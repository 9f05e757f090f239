-- ===== src/Cluster/Refinement.antt =====
-- The client over its server against the map of Cluster/Spec (crates/trust-kernel/src/cluster_mux.rs).
use spaceshuttle.Prelude.{
  ℕ, ◌≡◌, refl, sym, subst, ap, ◌∙◌, List, [], ◌∷◌, Option, none, some, some-injective, String,
  Bool, true, false, inl, inr, Bool-cases, Option-cases, ◌==◌, ==_iff, if◌then◌else◌, str_eq,
  eq_iff,
}
use spaceshuttle.Cluster.BlockStore
use spaceshuttle.Cluster.BlockStore.{StoredBlock, lookup, lookup-insert, insert, served}
use spaceshuttle.Cluster.Frames.{Answer, answered, refused, remote_status}
use spaceshuttle.Cluster.Server.{ClusterMuxServer}
use spaceshuttle.Cluster.Client.{Link, ping, fetch_block, store_block}
use spaceshuttle.Cluster.Requests.{
  IsIdle, Reaches, counted, serving, ping-Reaches, fetch_missing, fetch_found,
}
use spaceshuttle.Cluster.Stores.{storing, store_good, store_bad}
use spaceshuttle.Cluster.Spec.{
  BlockMap, Op, ping_op, fetch_op, store_op, update, found, promise, perform, run, no_value,
  content, view,
}

abbrev Entries : Type 0
Entries = List (ℕ × StoredBlock)

abbrev contents : Entries → BlockMap
contents entries wanted = content (lookup wanted entries)

contents-insert :
    (block_index : ℕ) (b : StoredBlock) (entries : Entries)
    → contents (insert block_index b entries) ≡ update (contents entries) block_index b.data_bytes
contents-insert block_index b entries = λ i wanted.
    (ap content (lookup-insert block_index wanted b entries)
        ∙ content_if (block_index == wanted) (lookup wanted entries))
      i
  where
    content_if :
        (c : Bool) (old : Option StoredBlock)
        → content (if c then some b else old) ≡ (if c then some b.data_bytes else content old)
    content_if true old = refl
    content_if false old = refl

-- Writing what is there already.
update_same :
    (blocks : BlockMap) (block_index : ℕ) (block : List ℕ)
    → blocks block_index ≡ some block
    → update blocks block_index block ≡ blocks
update_same blocks block_index block e = λ i wanted. same wanted i
  where
    same : (wanted : ℕ) → update blocks block_index block wanted ≡ blocks wanted
    same wanted = elim (Bool-cases (block_index == wanted)) [
      | inl h ↦ rw h (sym e ∙ ap blocks ((==_iff block_index wanted).0 h))
      | inr h ↦ rw h refl
    ]

module _ (sha256_hex : List ℕ → String) where
  -- Every block is stored under the hash of its bytes.
  abbrev IsHashed : Entries → Type 0
  IsHashed entries =
      (block_index : ℕ) (b : StoredBlock)
      → lookup block_index entries ≡ some b
      → b.content_hash ≡ sha256_hex b.data_bytes

  -- The server holds blocks under their hashes, and the client has read all responses.
  abbrev pub IsCoherent : Link → Type 0
  IsCoherent l = IsHashed l.server.store.blocks × IsIdle l.client.connection

  insert-IsHashed :
      (block_index : ℕ) (b : StoredBlock) (entries : Entries)
      → IsHashed entries
      → b.content_hash ≡ sha256_hex b.data_bytes
      → IsHashed (insert block_index b entries)
  insert-IsHashed block_index b entries hashed good wanted found_block e =
      elim (Bool-cases (block_index == wanted)) [
        | inl h ↦
            let at_key : lookup wanted (insert block_index b entries) ≡ some b =
              lookup-insert block_index wanted b entries ∙ rw h refl in
            subst (λ x. x.content_hash ≡ sha256_hex x.data_bytes)
              (some-injective _ _ (sym at_key ∙ e)) good
        | inr h ↦
            let elsewhere : lookup wanted (insert block_index b entries) ≡ lookup wanted entries =
              lookup-insert block_index wanted b entries ∙ rw h refl in
            hashed wanted found_block (sym elsewhere ∙ e)
      ]

  -- A call that reaches a server keeps its promise if the blocks of that server do.
  abbrev Keeps : Link × Answer (List ℕ) → BlockMap × Answer (List ℕ) → Type 0
  Keeps r promised = IsCoherent r.0 × (view r.0 ≡ promised.0) × (r.1 ≡ promised.1)

  Reaches-Keeps :
      (r : Link × Answer (List ℕ)) (server : ClusterMuxServer)
      (promised : BlockMap × Answer (List ℕ))
      → Reaches sha256_hex r server promised.1
      → IsHashed server.store.blocks
      → contents server.store.blocks ≡ promised.0
      → Keeps r promised
  unfolding view
  Reaches-Keeps r server promised (idle, same, answer) hashed shown = (
    (subst (λ s. IsHashed s.store.blocks) (sym same) hashed, idle),
    ap (λ s. contents s.store.blocks) same ∙ shown,
    answer,
  )

  -- The same for an operation without a value.
  no_value-Keeps :
      (r : Link × Answer (Unit {0})) (server : ClusterMuxServer) (answer : Answer (Unit {0}))
      (blocks : BlockMap)
      → Reaches sha256_hex r server answer
      → IsHashed server.store.blocks
      → contents server.store.blocks ≡ blocks
      → Keeps (r.0, no_value r.1) (blocks, no_value answer)
  no_value-Keeps r server answer blocks (idle, same, e) =
      Reaches-Keeps (r.0, no_value r.1) server (blocks, no_value answer) (idle, same, ap no_value e)

  module _ (l : Link) (hashed : IsHashed l.server.store.blocks)
      (idle : IsIdle l.client.connection) where
    fetch_block-Keeps :
        (block_index : ℕ) (expected : Option String) (bus_seq : ℕ)
        → Keeps
            (fetch_block sha256_hex l none block_index expected bus_seq)
            (promise sha256_hex (view l) (fetch_op block_index expected bus_seq))
    unfolding promise view
    fetch_block-Keeps block_index expected bus_seq =
        let blocks = l.server.store.blocks in
        let call = fetch_block sha256_hex l none block_index expected bus_seq in
        elim (Option-cases (lookup block_index blocks)) [
          | inl gone ↦ rw gone (
              Reaches-Keeps call (counted sha256_hex l)
                (contents blocks, found sha256_hex block_index expected none)
                (fetch_missing sha256_hex l block_index expected bus_seq idle gone) hashed refl)
          | inr (b, is_there) ↦
              let good = hashed block_index b is_there in
              rw is_there (
                Reaches-Keeps call (serving sha256_hex l block_index expected bus_seq idle b)
                  (contents blocks, found sha256_hex block_index expected (some b.data_bytes))
                  (fetch_found sha256_hex l block_index expected bus_seq idle b is_there good)
                  (insert-IsHashed block_index (served b) blocks hashed good)
                  (contents-insert block_index (served b) blocks
                    ∙ update_same (contents blocks) block_index b.data_bytes (ap content is_there)))
        ]

    store_block-Keeps :
        (block_index : ℕ) (block : List ℕ) (content_hash seal : String) (raw_size bus_seq : ℕ)
        → let r =
            store_block sha256_hex l none block_index block content_hash seal raw_size bus_seq in
          Keeps
            (r.0, no_value r.1)
            (promise sha256_hex
              (view l)
              (store_op block_index block content_hash seal raw_size bus_seq))
    unfolding promise view BlockStore.store
    store_block-Keeps block_index block content_hash seal raw_size bus_seq =
        let blocks = l.server.store.blocks in
        let call =
          store_block sha256_hex l none block_index block content_hash seal raw_size bus_seq in
        elim (Bool-cases (str_eq (sha256_hex block) content_hash)) [
          | inl good ↦ rw good (
              no_value-Keeps call
                (storing sha256_hex l block_index block content_hash seal raw_size bus_seq idle)
                (answered tt) (update (contents blocks) block_index block)
                (store_good sha256_hex l block_index block content_hash seal raw_size bus_seq idle
                  good)
                (insert-IsHashed block_index _ blocks hashed (sym ((eq_iff _ _).0 good)))
                (contents-insert block_index _ blocks))
          | inr bad ↦ rw bad (
              no_value-Keeps call (counted sha256_hex l)
                (refused (remote_status 409 "Store hash mismatch")) (contents blocks)
                (store_bad sha256_hex l block_index block content_hash seal raw_size bus_seq idle
                  bad)
                hashed refl)
        ]

  perform-Keeps :
      (l : Link) (op : Op)
      → IsCoherent l
      → Keeps (perform sha256_hex l op) (promise sha256_hex (view l) op)
  unfolding perform promise view
  perform-Keeps l ping_op (hashed, idle) =
      no_value-Keeps (ping sha256_hex l none) (counted sha256_hex l) (answered tt)
        (contents l.server.store.blocks) (ping-Reaches sha256_hex l idle) hashed refl
  perform-Keeps l (fetch_op block_index expected bus_seq) (hashed, idle) =
      fetch_block-Keeps l hashed idle block_index expected bus_seq
  perform-Keeps l (store_op block_index block content_hash seal raw_size bus_seq) (hashed, idle) =
      store_block-Keeps l hashed idle block_index block content_hash seal raw_size bus_seq

  -- The answers are those of the map, and the link ends coherent, standing for the map's end.
  abbrev pub Refines : Link → List Op → Type 0
  Refines l ops =
      let (end, answers) = run (perform sha256_hex) l ops in
      let (blocks, promised) = run (promise sha256_hex) (view l) ops in
      IsCoherent end × (view end ≡ blocks) × (answers ≡ promised)

  -- On a coherent link, where the server holds every block under the hash of its bytes, the client
  -- has no response unread and connecting succeeds: whatever pings, fetches and stores the client
  -- makes, each is answered as a map from indices to bytes answers it (the bytes, not found, or a
  -- hash mismatch), the server stands for that map at the end, and the link is coherent again.
  pub run-Refines : (ops : List Op) (l : Link) → IsCoherent l → Refines l ops
  unfolding run
  run-Refines [] l coherent = (coherent, refl, refl)
  run-Refines (op ∷ ops) l coherent =
      let (coherent', shown, answer) = perform-Keeps l op coherent in
      let (coherent'', end, answers) = run-Refines ops (perform sha256_hex l op).0 coherent' in
      (
        coherent'',
        end ∙ ap (λ blocks. (run (promise sha256_hex) blocks ops).0) shown,
        λ i. answer i ∷ (answers ∙ ap (λ blocks. (run (promise sha256_hex) blocks ops).1) shown) i,
      )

Task details: For the word "gone", show every line of the entries that holds it.

Written response:
          | inl gone ↦ rw gone (
                (fetch_missing sha256_hex l block_index expected bus_seq idle gone) hashed refl)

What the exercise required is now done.